▸ Task statement: Please copy, character for character, each line from the beginning of the listing to the line containing "dump (unece name)", including both.

▼▼▼

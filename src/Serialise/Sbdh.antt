-- ===== src/Serialise/Sbdh.antt =====
-- `dump_to_xml` of the models of as4/models/unece/sbdh.py.
use as_lib.Base.{String, ◌<>◌, Option, [], ◌∷◌}
use as_lib.Platform.{DateTime}
use as_lib.Etree.{Element}
use as_lib.Models.Sbdh.{
  BusinessScope, DocumentIdentification, Identifier, Scope, ScopeIdentifier,
  StandardBusinessDocument, StandardBusinessDocumentHeader,
}
use as_lib.Serialise.{
  text_field, optional_field, element_field, list_field, optional_element, dump, dump_text,
  Serialised,
}

abbrev pub unece : String → String
unece name = "{http://www.unece.org/cefact/namespaces/StandardBusinessDocumentHeader}" <> name

-- A child whose one field is its text.
abbrev text_child : String → String → String × Option Serialised
text_child name s = element_field (unece name) (dump_text (unece name) s)

unfoldable pub dump_identifier : Identifier → Element
unfolding dump
dump_identifier i =
    dump (unece "Identifier")
      (optional_field "@Authority" i.authority ∷ text_field "#text" i.value ∷ []) []

-- `Sender` and `Receiver` have the same field.
dump_partner : String → Identifier → Element
unfolding dump_identifier
dump_partner name i =
    dump (unece name) (element_field (unece "Identifier") (dump_identifier i) ∷ []) []

unfoldable pub dump_scope : Scope → Element
unfolding dump
dump_scope s =
    dump (unece "Scope")
      (text_child "Type" s.scope_type.value
        ∷ text_child "InstanceIdentifier" s.instance_identifier.value
        ∷ optional_element (unece "Identifier")
            (λ (i : ScopeIdentifier). dump_text (unece "Identifier") i.value) s.identifier
        ∷ [])
      []

dump_business_scope : BusinessScope → Element
unfolding dump_scope
dump_business_scope b =
    dump (unece "BusinessScope") (list_field (unece "Scope") dump_scope b.scopes ∷ []) []

module _ (isoformat : DateTime → String) where
  unfoldable pub dump_document_identification : DocumentIdentification → Element
  unfolding dump
  dump_document_identification d =
      dump (unece "DocumentIdentification")
        (text_child "Standard" d.standard.value
          ∷ text_child "TypeVersion" d.type_version.value
          ∷ text_child "InstanceIdentifier" d.instance_identifier.value
          ∷ text_child "Type" d.document_identification_type.value
          ∷ text_child "CreationDateAndTime" (isoformat d.creation_date_and_time.value)
          ∷ [])
        []

  unfoldable pub dump_header : StandardBusinessDocumentHeader → Element
  unfolding dump_partner dump_document_identification dump_business_scope
  dump_header h =
      dump (unece "StandardBusinessDocumentHeader")
        (text_child "HeaderVersion" h.header_version.value
          ∷ element_field (unece "Sender") (dump_partner "Sender" h.sender.identifier)
          ∷ element_field (unece "Receiver") (dump_partner "Receiver" h.receiver.identifier)
          ∷ element_field (unece "DocumentIdentification")
              (dump_document_identification h.document_identification)
          ∷ element_field (unece "BusinessScope") (dump_business_scope h.business_scope)
          ∷ [])
        []

  unfoldable pub dump_standard_business_document : StandardBusinessDocument → Element
  unfolding dump_header
  dump_standard_business_document d =
      dump (unece "StandardBusinessDocument")
        (element_field (unece "StandardBusinessDocumentHeader")
            (dump_header d.standard_business_document_header)
          ∷ [])
        []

▲▲▲

▸ Written response:
filename src/Serialise/Sbdh.antt
-- ===== src/Serialise/Sbdh.antt =====
-- `dump_to_xml` of the models of as4/models/unece/sbdh.py.
use as_lib.Base.{String, ◌<>◌, Option, [], ◌∷◌}
use as_lib.Platform.{DateTime}
use as_lib.Etree.{Element}
use as_lib.Models.Sbdh.{
  BusinessScope, DocumentIdentification, Identifier, Scope, ScopeIdentifier,
  StandardBusinessDocument, StandardBusinessDocumentHeader,
}
use as_lib.Serialise.{
  text_field, optional_field, element_field, list_field, optional_element, dump, dump_text,
  Serialised,
}

abbrev pub unece : String → String
unece name = "{http://www.unece.org/cefact/namespaces/StandardBusinessDocumentHeader}" <> name

-- A child whose one field is its text.
abbrev text_child : String → String → String × Option Serialised
text_child name s = element_field (unece name) (dump_text (unece name) s)

unfoldable pub dump_identifier : Identifier → Element
unfolding dump
dump_identifier i =
    dump (unece "Identifier")
      (optional_field "@Authority" i.authority ∷ text_field "#text" i.value ∷ []) []

-- `Sender` and `Receiver` have the same field.
dump_partner : String → Identifier → Element
unfolding dump_identifier
dump_partner name i =
    dump (unece name) (element_field (unece "Identifier") (dump_identifier i) ∷ []) []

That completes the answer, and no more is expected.